SOURCE MATERIAL START

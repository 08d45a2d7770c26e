-- ===== src/Client/Transport/Calls.antt =====
-- Sequences of logs through any transport.
use distributed_logger.Base.{
  ℕ, suc, ◌+◌, ◌%◌, ◌≤◌, ◌<◌, ◌≡◌, refl, sym, ◌∙◌, subst, ◌⊎◌, inl, inr, false, Option, List, [],
  ◌∷◌, arith, length, All, mod64,
}
use distributed_logger.Client.Buffer.{IBufferWrapper}
use distributed_logger.Client.Logger.{Arg}
use distributed_logger.Client.Logger.Wire.{payload, IsCounted}
use distributed_logger.Client.Logger.Frame.{log_event_lem}
use distributed_logger.Client.PosixIo.State.{Run, done, exits, fault, ◌>>=◌, or_fault}
use distributed_logger.Client.PosixIo.Pending.{Ends}
use distributed_logger.Client.Transport.{Counters, Iio, Sends, post}

-- A call of a generated function, with what the system answers to its `send`.
pub record Call (A : Type 0) : Type 0 where
  pub answer : A
  pub event : ℕ
  pub args : List Arg

-- The size of the frame of a call.
abbrev pub size_of_call : {A : Type 0} → Call A → ℕ
size_of_call c = 4 + length (payload c.event c.args)

abbrev pub total_size : {A : Type 0} → List (Call A) → ℕ
total_size [] = 0
total_size (c ∷ calls) = size_of_call c + total_size calls

-- A limit, where one is set, is kept.
abbrev pub IsWithin : Counters → Type 0
IsWithin c = (c.limit ≡ 0) ⊎ (c.queue_size ≤ c.limit)

module _ (I : IBufferWrapper) (T : Iio I) where
  open T use {State, Answer, IsGood, plain, ready, counters, IsAllowed, send_lem}

  unfoldable pub post_all : List (Call Answer) → State → Run State
  post_all [] s = done s
  post_all (c ∷ calls) s = post I T c.answer c.event c.args s >>= post_all calls

  -- The arguments are of the types that the generator counts, the frame is below 2 GB, and the answer is
  -- one that the system may give.
  pub record IsCallable (c : Call Answer) : Type 0 where
    pub counted : All IsCounted c.args
    pub small : size_of_call c < 2147483648
    pub allowed : IsAllowed (size_of_call c) c.answer

  -- At most `n` logs were counted, each once, as posted or as dropped, and all `n` where the transport was
  -- ready; and the limit is kept.
  pub record Accounts (n bytes : ℕ) (s s' : State) : Type 0 where
    pub logs : ℕ
    pub few : logs ≤ n
    pub counted :
        ((counters s').posted + (counters s').dropped) % mod64
        ≡ ((counters s).posted + (counters s).dropped + logs) % mod64
    pub limit : (counters s').limit ≡ (counters s).limit
    pub within : IsWithin (counters s')
    pub size_le : (counters s').queue_size ≤ (counters s).queue_size + bytes
    pub good : IsGood s'
    pub plain_still : plain s' ≡ plain s
    pub ready_still : ready s' ≡ ready s
    pub all_counted : (ready s ≡ false) ⊎ (logs ≡ n)

  sends-Accounts :
      (size : ℕ) (s s' : State)
      → IsWithin (counters s)
      → (IsGood s'
          × (plain s' ≡ plain s)
          × (ready s' ≡ ready s)
          × Sends (ready s) size (counters s) (counters s'))
      → Accounts 1 size s s'
  sends-Accounts size s s' w (g, p, y, (l, inl (n0, over, dropped, posted, same))) = record {
    logs = 1;
    few = omega arith;
    counted = omega (arith, dropped, posted);
    limit = l;
    within = omega (arith, w, l, same);
    size_le = omega (arith, same);
    good = g;
    plain_still = p;
    ready_still = y;
    all_counted = inr refl;
  }
  sends-Accounts size s s' w (g, p, y, (l, inr (inl (fits, posted, dropped, le)))) = record {
    logs = 1;
    few = omega arith;
    counted = omega (arith, dropped, posted);
    limit = l;
    within = omega (arith, fits, l, le);
    size_le = le;
    good = g;
    plain_still = p;
    ready_still = y;
    all_counted = inr refl;
  }
  sends-Accounts size s s' w (g, p, y, (l, inr (inr (down, dropped, posted, same)))) = record {
    logs = 0;
    few = omega arith;
    counted = omega (arith, dropped, posted);
    limit = l;
    within = omega (arith, w, l, same);
    size_le = omega (arith, same);
    good = g;
    plain_still = p;
    ready_still = y;
    all_counted = inl down;
  }

  Accounts-trans :
      (m n a b : ℕ) (s s1 s2 : State)
      → Accounts m a s s1
      → Accounts n b s1 s2
      → Accounts (m + n) (a + b) s s2
  Accounts-trans m n a b s s1 s2 p q = record {
    logs = p.logs + q.logs;
    few = omega (arith, p.few, q.few);
    counted = omega (arith, p.counted, q.counted);
    limit = q.limit ∙ p.limit;
    within = q.within;
    size_le = omega (arith, p.size_le, q.size_le);
    good = q.good;
    plain_still = q.plain_still ∙ p.plain_still;
    ready_still = q.ready_still ∙ p.ready_still;
    all_counted = elim p.all_counted [
      | inl down ↦ inl down
      | inr first ↦ elim q.all_counted [
        | inl down ↦ inl (sym p.ready_still ∙ down)
        | inr others ↦ inr (omega (arith, first, others))
      ]
    ];
  }

  dropped_result :
      (size : ℕ) (s : State) (o : Run (Option I.Buffer × State))
      → IsWithin (counters s)
      → Ends
          (plain s)
          (λ r.
            IsGood r.1
            × (plain r.1 ≡ plain s)
            × (ready r.1 ≡ ready s)
            × Sends (ready s) size (counters s) (counters r.1))
          o
      → Ends (plain s) (Accounts 1 size s) (o >>= λ r. done r.1)
  dropped_result size s (done (back, s')) w h = sends-Accounts size s s' w h
  dropped_result size s (exits n) w h = h
  dropped_result size s fault w h = h

  post-Accounts :
      (c : Call Answer) (s : State)
      → IsCallable c
      → IsGood s
      → IsWithin (counters s)
      → (counters s).queue_size + size_of_call c < mod64
      → Ends (plain s) (Accounts 1 (size_of_call c) s) (post I T c.answer c.event c.args s)
  unfolding post
  post-Accounts c s k g w room =
      let (b, eq, v, cap, off, unread, content) =
        log_event_lem I c.event c.args k.counted (omega (arith, k.small)) in
      let sent =
        send_lem c.answer b s g v unread (omega (arith, cap)) (omega (arith, cap, k.small))
          (omega (arith, cap, room)) (subst (λ n. IsAllowed n c.answer) (sym cap) k.allowed) in
      subst
        (λ o.
          Ends (plain s) (Accounts 1 (size_of_call c) s)
            (or_fault o >>= λ x. T.send c.answer x s >>= λ r. done r.1))
        (sym eq)
        (subst (λ n. Ends (plain s) (Accounts 1 n s) (T.send c.answer b s >>= λ r. done r.1)) cap
          (dropped_result (I.get_capacity b) s (T.send c.answer b s) w sent))

  after :
      (n a b : ℕ) (s s1 : State) (o : Run State)
      → Accounts 1 a s s1
      → Ends (plain s1) (Accounts n b s1) o
      → Ends (plain s) (Accounts (1 + n) (a + b) s) o
  after n a b s s1 (done s2) p q = Accounts-trans 1 n a b s s1 s2 p q
  after n a b s s1 (exits m) p q = sym p.plain_still ∙ q
  after n a b s s1 fault p q = q

  next :
      (n a b : ℕ) (s : State) (o : Run State) (rest : State → Run State)
      → Ends (plain s) (Accounts 1 a s) o
      → ((s1 : State) → Accounts 1 a s s1 → Ends (plain s1) (Accounts n b s1) (rest s1))
      → Ends (plain s) (Accounts (1 + n) (a + b) s) (o >>= rest)
  next n a b s (done s1) rest p q = after n a b s s1 (rest s1) p (q s1 p)
  next n a b s (exits m) rest p q = p
  next n a b s fault rest p q = p

  -- Through any transport, from a good state within its limit: a sequence of calls of the generated
  -- functions whose arguments are of the types that the generator counts, with frames below 2 GB that do
  -- not make the queue size wrap, and with answers that the system may give, returns, or ends the
  -- process where the transport is not plain. Every log is counted once, as posted or as dropped, if
  -- the transport is ready, and at most once if it is not; and a queue limit that is set is kept.
  pub post_all-Accounts :
      (calls : List (Call Answer)) (s : State)
      → All IsCallable calls
      → IsGood s
      → IsWithin (counters s)
      → (counters s).queue_size + total_size calls < mod64
      → Ends (plain s) (Accounts (length calls) (total_size calls) s) (post_all calls s)
  unfolding post_all
  post_all-Accounts [] s k g w room = record {
    logs = 0;
    few = omega arith;
    counted = omega arith;
    limit = refl;
    within = w;
    size_le = omega arith;
    good = g;
    plain_still = refl;
    ready_still = refl;
    all_counted = inr refl;
  }
  post_all-Accounts (c ∷ calls) s k g w room =
      let count : 1 + length calls ≡ suc (length calls) = omega arith in
      subst (λ n. Ends (plain s) (Accounts n (total_size (c ∷ calls)) s) (post_all (c ∷ calls) s))
        count
        (next (length calls) (size_of_call c) (total_size calls) s
          (post I T c.answer c.event c.args s) (post_all calls)
          (post-Accounts c s k.0 g w (omega (arith, room)))
          (λ s1 p. post_all-Accounts calls s1 k.1 p.good p.within (omega (arith, room, p.size_le))))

SOURCE MATERIAL END

* **TASK DESCRIPTION**: Looking at the entries above, count the lines that hold the string "PosixIo" and reply with the count alone.

* **ANSWER AREA**: 2